======== RECORDS TO PROCESS

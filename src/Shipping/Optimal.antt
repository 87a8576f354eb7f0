-- ===== src/Shipping/Optimal.antt =====
-- The loop of `quote_shipping` (engine/apps/shipping/service.py) over methods and their rates.
use mathlib.Core.Path.{subst}
use mathlib.Core.Bool.{true≢false}
use api_paperbase.Base.{
  ℕ, ◌≡◌, sym, ◌∙◌, inl, inr, true, false, Option, none, some, List, [], ◌∷◌, All, arith, ◌==◌,
  Option-cases, ==→eq,
}
use api_paperbase.Base.Int.{ℤ, ◌≤ℤ◌}
use api_paperbase.Base.Queries.{filter, find?, All-find?}
use api_paperbase.Base.Order.{
  IsOrdered, All-map, All-filter, filter-test, filter-IsOrdered, find?-first, find?-none,
}
use api_paperbase.Shipping.{
  ShippingMethod, ShippingRate, Match, rate_le, serves_zone, fits, match_method, better, consider,
  best_match,
}

pub rate_le_total : (r t : ShippingRate) → rate_le r t ≡ false → rate_le t r ≡ true
unfolding rate_le
rate_le_total r t h = ground arith

pub rate_le_trans :
    (r t u : ShippingRate) → rate_le r t ≡ true → rate_le t u ≡ true → rate_le r u ≡ true
unfolding rate_le
rate_le_trans r t u h k = ground arith

rate_le_refl : (r : ShippingRate) → rate_le r r ≡ true
unfolding rate_le
rate_le_refl r = ground arith

-- Of two rates of one method, the one that comes first is not dearer.
rate_le-price :
    (r t : ShippingRate) → r.method_id ≡ t.method_id → rate_le r t ≡ true → r.price ≤ℤ t.price
unfolding rate_le
rate_le-price r t e h = ground arith

-- `best` costs no more than `price`.
abbrev pub IsAtMost : Option Match → ℤ → Type 0
IsAtMost none price = ⊥
IsAtMost (some best) price = best.rate.price ≤ℤ price

consider-new :
    (quote : Match) (best : Option Match) → IsAtMost (consider (some quote) best) quote.rate.price
unfolding consider better
consider-new quote none = omega arith
consider-new quote (some best) = ground arith

consider-old :
    (quote best : Option Match) (price : ℤ)
    → IsAtMost best price
    → IsAtMost (consider quote best) price
unfolding consider better
consider-old none best price h = h
consider-old (some quote) none price h = elim h [ ]
consider-old (some quote) (some best) price h = ground arith

module _ (zone_id : ℕ) (subtotal : ℤ) (rates : List ShippingRate) where
  best_match-old :
      (ms : List ShippingMethod) (best : Option Match) (price : ℤ)
      → IsAtMost best price
      → IsAtMost (best_match zone_id subtotal rates ms best) price
  unfolding best_match
  best_match-old [] best price h = h
  best_match-old (m ∷ ms) best price h =
      best_match-old ms _ price (consider-old (match_method zone_id subtotal rates m) best price h)

  pub best_match-new :
      (ms : List ShippingMethod) (best : Option Match)
      → All
          (λ m.
            (quote : Match)
            → match_method zone_id subtotal rates m ≡ some quote
            → IsAtMost (best_match zone_id subtotal rates ms best) quote.rate.price)
          ms
  unfolding best_match
  best_match-new [] best = tt
  best_match-new (m ∷ ms) best = (
    λ quote e. best_match-old ms _ quote.rate.price (
        subst (λ o. IsAtMost (consider o best) quote.rate.price) (sym e) (consider-new quote best)),
    best_match-new ms (consider (match_method zone_id subtotal rates m) best),
  )

  abbrev pub MatchesAtMost : ShippingMethod → ℤ → Type 0
  MatchesAtMost m price =
      (quote : Match) × (match_method zone_id subtotal rates m ≡ some quote)
      × (quote.rate.price ≤ℤ price)

  -- The match of a method is its cheapest rate that fits.
  pub match_method-cheapest :
      (m : ShippingMethod)
      → IsOrdered rate_le rates
      → serves_zone zone_id m ≡ true
      → All
          (λ (r : ShippingRate).
            (r.method_id == m.id) ≡ true → fits subtotal r ≡ true → MatchesAtMost m r.price)
          rates
  unfolding match_method
  match_method-cheapest m ordered serves =
      let own = λ (r : ShippingRate). r.method_id == m.id in
      let mine = filter own rates in
      elim (Option-cases (find? (fits subtotal) mine)) [
        | inl e ↦
            All-map _ _ rates (λ r no own_r fit. absurd (true≢false (sym fit ∙ no own_r)))
              (All-filter _ own rates (find?-none (fits subtotal) mine e))
        | inr (best, e) ↦
            let first =
              find?-first rate_le (fits subtotal) best mine rate_le_refl
                (filter-IsOrdered rate_le own rates ordered) e in
            let mine_best : own best ≡ true =
              All-find? _ (fits subtotal) best mine (filter-test own rates) e in
            All-map _ _ rates
              (λ r le own_r fit. (
                record { method = m; rate = best },
                rw (serves, e),
                rate_le-price best r (==→eq _ _ mine_best ∙ sym (==→eq _ _ own_r)) (le own_r fit),
              ))
              (All-filter _ own rates first)
      ]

================

• YOUR INSTRUCTIONS
Restate every record exactly, leaving nothing out.

• FINISHED TASK
filename src/Shipping/Optimal.antt
repository 87a8576f354eb7f0
-- ===== src/Shipping/Optimal.antt =====
-- The loop of `quote_shipping` (engine/apps/shipping/service.py) over methods and their rates.
use mathlib.Core.Path.{subst}
use mathlib.Core.Bool.{true≢false}
use api_paperbase.Base.{
  ℕ, ◌≡◌, sym, ◌∙◌, inl, inr, true, false, Option, none, some, List, [], ◌∷◌, All, arith, ◌==◌,
  Option-cases, ==→eq,
}
use api_paperbase.Base.Int.{ℤ, ◌≤ℤ◌}
use api_paperbase.Base.Queries.{filter, find?, All-find?}
use api_paperbase.Base.Order.{
  IsOrdered, All-map, All-filter, filter-test, filter-IsOrdered, find?-first, find?-none,
}
use api_paperbase.Shipping.{
  ShippingMethod, ShippingRate, Match, rate_le, serves_zone, fits, match_method, better, consider,
  best_match,
}

pub rate_le_total : (r t : ShippingRate) → rate_le r t ≡ false → rate_le t r ≡ true
unfolding rate_le
rate_le_total r t h = ground arith

pub rate_le_trans :
    (r t u : ShippingRate) → rate_le r t ≡ true → rate_le t u ≡ true → rate_le r u ≡ true
unfolding rate_le
rate_le_trans r t u h k = ground arith

rate_le_refl : (r : ShippingRate) → rate_le r r ≡ true
unfolding rate_le
rate_le_refl r = ground arith

-- Of two rates of one method, the one that comes first is not dearer.
rate_le-price :
    (r t : ShippingRate) → r.method_id ≡ t.method_id → rate_le r t ≡ true → r.price ≤ℤ t.price
unfolding rate_le
rate_le-price r t e h = ground arith

-- `best` costs no more than `price`.
abbrev pub IsAtMost : Option Match → ℤ → Type 0
IsAtMost none price = ⊥
IsAtMost (some best) price = best.rate.price ≤ℤ price

consider-new :
    (quote : Match) (best : Option Match) → IsAtMost (consider (some quote) best) quote.rate.price
unfolding consider better
consider-new quote none = omega arith
consider-new quote (some best) = ground arith

consider-old :
    (quote best : Option Match) (price : ℤ)
    → IsAtMost best price
    → IsAtMost (consider quote best) price
unfolding consider better
consider-old none best price h = h
consider-old (some quote) none price h = elim h [ ]
consider-old (some quote) (some best) price h = ground arith

module _ (zone_id : ℕ) (subtotal : ℤ) (rates : List ShippingRate) where
  best_match-old :
      (ms : List ShippingMethod) (best : Option Match) (price : ℤ)
      → IsAtMost best price
      → IsAtMost (best_match zone_id subtotal rates ms best) price
  unfolding best_match
  best_match-old [] best price h = h
  best_match-old (m ∷ ms) best price h =
      best_match-old ms _ price (consider-old (match_method zone_id subtotal rates m) best price h)

  pub best_match-new :
      (ms : List ShippingMethod) (best : Option Match)
      → All
          (λ m.
            (quote : Match)
            → match_method zone_id subtotal rates m ≡ some quote
            → IsAtMost (best_match zone_id subtotal rates ms best) quote.rate.price)
          ms
  unfolding best_match
  best_match-new [] best = tt
  best_match-new (m ∷ ms) best = (
    λ quote e. best_match-old ms _ quote.rate.price (
        subst (λ o. IsAtMost (consider o best) quote.rate.price) (sym e) (consider-new quote best)),
    best_match-new ms (consider (match_method zone_id subtotal rates m) best),
  )

  abbrev pub MatchesAtMost : ShippingMethod → ℤ → Type 0
  MatchesAtMost m price =
      (quote : Match) × (match_method zone_id subtotal rates m ≡ some quote)
      × (quote.rate.price ≤ℤ price)

  -- The match of a method is its cheapest rate that fits.
  pub match_method-cheapest :
      (m : ShippingMethod)
      → IsOrdered rate_le rates
      → serves_zone zone_id m ≡ true
      → All
          (λ (r : ShippingRate).
            (r.method_id == m.id) ≡ true → fits subtotal r ≡ true → MatchesAtMost m r.price)
          rates
  unfolding match_method
  match_method-cheapest m ordered serves =
      let own = λ (r : ShippingRate). r.method_id == m.id in
      let mine = filter own rates in
      elim (Option-cases (find? (fits subtotal) mine)) [
        | inl e ↦
            All-map _ _ rates (λ r no own_r fit. absurd (true≢false (sym fit ∙ no own_r)))
              (All-filter _ own rates (find?-none (fits subtotal) mine e))
        | inr (best, e) ↦
            let first =
              find?-first rate_le (fits subtotal) best mine rate_le_refl
                (filter-IsOrdered rate_le own rates ordered) e in
            let mine_best : own best ≡ true =
              All-find? _ (fits subtotal) best mine (filter-test own rates) e in
            All-map _ _ rates
              (λ r le own_r fit. (
                record { method = m; rate = best },
                rw (serves, e),
                rate_le-price best r (==→eq _ _ mine_best ∙ sym (==→eq _ _ own_r)) (le own_r fit),
              ))
              (All-filter _ own rates first)
      ]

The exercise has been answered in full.